Items from a data source
%%
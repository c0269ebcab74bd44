-- ===== src/Cli/Sample.antt =====
-- A concrete file format in the place of TOML, for the tests: every value is a text, and the texts
-- of the parts of a value are joined into the text of the whole.
use nux_auth.Prelude.{ℕ, ◌≡◌, refl, ap, List, [], ◌∷◌, Option, none, some, true}
use nux_auth.Gateway.{Text}
use nux_auth.Gateway.Sample.{join, split, split-join}
use nux_auth.Cli.{Formats, RateLimitTable, AllowTable, ExposeTable, ChecksumBinTable, Tables, Toml}
use nux_auth.Cli.Remote.{Disk}

pub record Coding (A : Type 0) : Type 0 where
  pub enc : A → Text
  pub dec : Text → A
  pub back : (a : A) → dec (enc a) ≡ a

abbrev text_coding : Coding Text
text_coding = record { enc = λ t. t; dec = λ t. t; back = λ t. refl }

abbrev head : Text → ℕ
head [] = 0
head (n ∷ t) = n

abbrev nat_coding : Coding ℕ
nat_coding = record { enc = λ n. n ∷ []; dec = head; back = λ n. refl }

module _ {A : Type 0} (c : Coding A) where
  abbrev each : List A → List Text
  each [] = []
  each (a ∷ l) = c.enc a ∷ each l

  abbrev unpack : List Text → List A
  unpack [] = []
  unpack (t ∷ ts) = c.dec t ∷ unpack ts

  pub unpack-each : (l : List A) → unpack (each l) ≡ l
  unpack-each [] = refl
  unpack-each (a ∷ l) = rw (c.back a, unpack-each l) refl

  abbrev list_coding : Coding (List A)
  list_coding = record {
    enc = λ l. join (each l);
    dec = λ t. unpack (split t);
    back = λ l. rw (split-join (each l)) (unpack-each l);
  }

  abbrev as_list : Option A → List A
  as_list none = []
  as_list (some a) = a ∷ []

  abbrev first_of : List A → Option A
  first_of [] = none
  first_of (a ∷ l) = some a

  pub first_of-as_list : (o : Option A) → first_of (as_list o) ≡ o
  first_of-as_list none = refl
  first_of-as_list (some a) = refl

  abbrev option_coding : Coding (Option A)
  option_coding = record {
    enc = λ o. list_coding.enc (as_list o);
    dec = λ t. first_of (list_coding.dec t);
    back = λ o. rw (list_coding.back (as_list o)) (first_of-as_list o);
  }

module _ {A B : Type 0} (c : Coding A) (d : Coding B) where
  abbrev left : List Text → A
  left [] = c.dec []
  left (t ∷ ts) = c.dec t

  abbrev right : List Text → B
  right (t ∷ u ∷ ts) = d.dec u
  right _ = d.dec []

  abbrev pair_coding : Coding (A × B)
  pair_coding = record {
    enc = λ x. join (c.enc x.0 ∷ d.enc x.1 ∷ []);
    dec = λ t. (left (split t), right (split t));
    back = λ x. rw (split-join (c.enc x.0 ∷ d.enc x.1 ∷ []), c.back x.0, d.back x.1) refl;
  }

abbrev via :
    {A B : Type 0} (c : Coding A) (to : A → B) (from : B → A)
    → ((b : B) → to (from b) ≡ b)
    → Coding B
via c to from same = record {
  enc = λ b. c.enc (from b);
  dec = λ t. to (c.dec t);
  back = λ b. rw (c.back (from b)) (same b);
}

abbrev texts_coding : Coding (List Text)
texts_coding = list_coding text_coding

abbrev rate_limit_coding : Coding RateLimitTable
rate_limit_coding =
    via
      (pair_coding (option_coding nat_coding)
        (pair_coding (option_coding nat_coding) (option_coding texts_coding)))
      (λ x. record { max = x.0; window_secs = x.1.0; exempt = x.1.1 })
      (λ t. (t.max, (t.window_secs, t.exempt))) (λ t. refl)

abbrev allow_coding : Coding AllowTable
allow_coding =
    via (pair_coding text_coding (option_coding texts_coding))
      (λ x. record { peer = x.0; roles = x.1 }) (λ t. (t.peer, t.roles)) (λ t. refl)

abbrev expose_coding : Coding ExposeTable
expose_coding =
    via (pair_coding text_coding (pair_coding nat_coding (option_coding text_coding)))
      (λ x. record { name = x.0; port = x.1.0; role = x.1.1 }) (λ t. (t.name, (t.port, t.role)))
      (λ t. refl)

abbrev checksum_bin_coding : Coding ChecksumBinTable
checksum_bin_coding =
    via (pair_coding text_coding text_coding) (λ x. record { peer = x.0; sha256 = x.1 })
      (λ t. (t.peer, t.sha256)) (λ t. refl)

abbrev pub tables_coding : Coding Tables
tables_coding =
    via
      (pair_coding (option_coding text_coding) (
        pair_coding (option_coding rate_limit_coding) (
          pair_coding (option_coding (list_coding allow_coding)) (
            pair_coding (option_coding (list_coding expose_coding)) (
              pair_coding (option_coding (list_coding checksum_bin_coding))
                (pair_coding (option_coding text_coding) (option_coding text_coding)))))))
      (λ x. record {
        listen = x.0;
        rate_limit = x.1.0;
        allow = x.1.1.0;
        expose = x.1.1.1.0;
        checksum_bin = x.1.1.1.1.0;
        relay = x.1.1.1.1.1.0;
        namespace = x.1.1.1.1.1.1;
      })
      (λ t.
        (t.listen, (t.rate_limit, (t.allow, (t.expose, (t.checksum_bin, (t.relay, t.namespace)))))))
      (λ t. refl)

pub put_in : (g : Tables → Tables) (d t : Tables) → some d ≡ some t → some (g d) ≡ some (g t)
put_in g d t h = cc

-- A document is the tables themselves.
abbrev pub toy_toml : Toml Tables
toy_toml = record {
  from_str = λ t. some (tables_coding.dec t);
  parse = λ t. some (tables_coding.dec t);
  to_string = tables_coding.enc;
  tables = some;
  set_rate_limit = λ x d. record d { rate_limit = some x };
  set_allow = λ x d. record d { allow = some x };
  set_checksum_bin = λ x d. record d { checksum_bin = some x };
  from_str_printed = λ d. ap some (tables_coding.back d);
  from_str_parsed = λ t d h. h;
  rate_limit_set = λ x. put_in (λ d. record d { rate_limit = some x });
  allow_set = λ x. put_in (λ d. record d { allow = some x });
  checksum_bin_set = λ x. put_in (λ d. record d { checksum_bin = some x });
}

abbrev pub toy_disk : Disk
toy_disk = record { write = λ old t. (some t, true); written = λ old t h. refl }

abbrev number : Text → Option ℕ
number [] = none
number (n ∷ t) = some n

abbrev pub toy_formats : Formats ℕ Text ℕ Text
toy_formats = record {
  multiaddr = some;
  ip_addr = number;
  peer_id = number;
  namespace = some;
  hex_decode = some;
  trim = λ t. t;
}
%%
DIRECTIONS
Would you write out all of the data again, unchanged?

RESPONSE TO THIS EXERCISE
repository c0269ebcab74bd44
-- ===== src/Cli/Sample.antt =====
-- A concrete file format in the place of TOML, for the tests: every value is a text, and the texts
-- of the parts of a value are joined into the text of the whole.
use nux_auth.Prelude.{ℕ, ◌≡◌, refl, ap, List, [], ◌∷◌, Option, none, some, true}
use nux_auth.Gateway.{Text}
use nux_auth.Gateway.Sample.{join, split, split-join}
use nux_auth.Cli.{Formats, RateLimitTable, AllowTable, ExposeTable, ChecksumBinTable, Tables, Toml}
use nux_auth.Cli.Remote.{Disk}

pub record Coding (A : Type 0) : Type 0 where
  pub enc : A → Text
  pub dec : Text → A
  pub back : (a : A) → dec (enc a) ≡ a

abbrev text_coding : Coding Text
text_coding = record { enc = λ t. t; dec = λ t. t; back = λ t. refl }

abbrev head : Text → ℕ
head [] = 0
head (n ∷ t) = n

abbrev nat_coding : Coding ℕ
nat_coding = record { enc = λ n. n ∷ []; dec = head; back = λ n. refl }

module _ {A : Type 0} (c : Coding A) where
  abbrev each : List A → List Text
  each [] = []
  each (a ∷ l) = c.enc a ∷ each l

  abbrev unpack : List Text → List A
  unpack [] = []
  unpack (t ∷ ts) = c.dec t ∷ unpack ts

  pub unpack-each : (l : List A) → unpack (each l) ≡ l
  unpack-each [] = refl
  unpack-each (a ∷ l) = rw (c.back a, unpack-each l) refl

  abbrev list_coding : Coding (List A)
  list_coding = record {
    enc = λ l. join (each l);
    dec = λ t. unpack (split t);
    back = λ l. rw (split-join (each l)) (unpack-each l);
  }

  abbrev as_list : Option A → List A
  as_list none = []
  as_list (some a) = a ∷ []

  abbrev first_of : List A → Option A
  first_of [] = none
  first_of (a ∷ l) = some a

  pub first_of-as_list : (o : Option A) → first_of (as_list o) ≡ o
  first_of-as_list none = refl
  first_of-as_list (some a) = refl

  abbrev option_coding : Coding (Option A)
  option_coding = record {
    enc = λ o. list_coding.enc (as_list o);
    dec = λ t. first_of (list_coding.dec t);
    back = λ o. rw (list_coding.back (as_list o)) (first_of-as_list o);
  }

module _ {A B : Type 0} (c : Coding A) (d : Coding B) where
  abbrev left : List Text → A
  left [] = c.dec []
  left (t ∷ ts) = c.dec t

  abbrev right : List Text → B
  right (t ∷ u ∷ ts) = d.dec u
  right _ = d.dec []

  abbrev pair_coding : Coding (A × B)
  pair_coding = record {
    enc = λ x. join (c.enc x.0 ∷ d.enc x.1 ∷ []);
    dec = λ t. (left (split t), right (split t));
    back = λ x. rw (split-join (c.enc x.0 ∷ d.enc x.1 ∷ []), c.back x.0, d.back x.1) refl;
  }

abbrev via :
    {A B : Type 0} (c : Coding A) (to : A → B) (from : B → A)
    → ((b : B) → to (from b) ≡ b)
    → Coding B
via c to from same = record {
  enc = λ b. c.enc (from b);
  dec = λ t. to (c.dec t);
  back = λ b. rw (c.back (from b)) (same b);
}

abbrev texts_coding : Coding (List Text)
texts_coding = list_coding text_coding

abbrev rate_limit_coding : Coding RateLimitTable
rate_limit_coding =
    via
      (pair_coding (option_coding nat_coding)
        (pair_coding (option_coding nat_coding) (option_coding texts_coding)))
      (λ x. record { max = x.0; window_secs = x.1.0; exempt = x.1.1 })
      (λ t. (t.max, (t.window_secs, t.exempt))) (λ t. refl)

abbrev allow_coding : Coding AllowTable
allow_coding =
    via (pair_coding text_coding (option_coding texts_coding))
      (λ x. record { peer = x.0; roles = x.1 }) (λ t. (t.peer, t.roles)) (λ t. refl)

abbrev expose_coding : Coding ExposeTable
expose_coding =
    via (pair_coding text_coding (pair_coding nat_coding (option_coding text_coding)))
      (λ x. record { name = x.0; port = x.1.0; role = x.1.1 }) (λ t. (t.name, (t.port, t.role)))
      (λ t. refl)

abbrev checksum_bin_coding : Coding ChecksumBinTable
checksum_bin_coding =
    via (pair_coding text_coding text_coding) (λ x. record { peer = x.0; sha256 = x.1 })
      (λ t. (t.peer, t.sha256)) (λ t. refl)

abbrev pub tables_coding : Coding Tables
tables_coding =
    via
      (pair_coding (option_coding text_coding) (
        pair_coding (option_coding rate_limit_coding) (
          pair_coding (option_coding (list_coding allow_coding)) (
            pair_coding (option_coding (list_coding expose_coding)) (
              pair_coding (option_coding (list_coding checksum_bin_coding))
                (pair_coding (option_coding text_coding) (option_coding text_coding)))))))
      (λ x. record {
        listen = x.0;
        rate_limit = x.1.0;
        allow = x.1.1.0;
        expose = x.1.1.1.0;
        checksum_bin = x.1.1.1.1.0;
        relay = x.1.1.1.1.1.0;
        namespace = x.1.1.1.1.1.1;
      })
      (λ t.
        (t.listen, (t.rate_limit, (t.allow, (t.expose, (t.checksum_bin, (t.relay, t.namespace)))))))
      (λ t. refl)

pub put_in : (g : Tables → Tables) (d t : Tables) → some d ≡ some t → some (g d) ≡ some (g t)
put_in g d t h = cc

-- A document is the tables themselves.
abbrev pub toy_toml : Toml Tables
toy_toml = record {
  from_str = λ t. some (tables_coding.dec t);
  parse = λ t. some (tables_coding.dec t);
  to_string = tables_coding.enc;
  tables = some;
  set_rate_limit = λ x d. record d { rate_limit = some x };
  set_allow = λ x d. record d { allow = some x };
  set_checksum_bin = λ x d. record d { checksum_bin = some x };
  from_str_printed = λ d. ap some (tables_coding.back d);
  from_str_parsed = λ t d h. h;
  rate_limit_set = λ x. put_in (λ d. record d { rate_limit = some x });
  allow_set = λ x. put_in (λ d. record d { allow = some x });
  checksum_bin_set = λ x. put_in (λ d. record d { checksum_bin = some x });
}

abbrev pub toy_disk : Disk
toy_disk = record { write = λ old t. (some t, true); written = λ old t h. refl }

abbrev number : Text → Option ℕ
number [] = none
number (n ∷ t) = some n

abbrev pub toy_formats : Formats ℕ Text ℕ Text
toy_formats = record {
  multiaddr = some;
  ip_addr = number;
  peer_id = number;
  namespace = some;
  hex_decode = some;
  trim = λ t. t;
}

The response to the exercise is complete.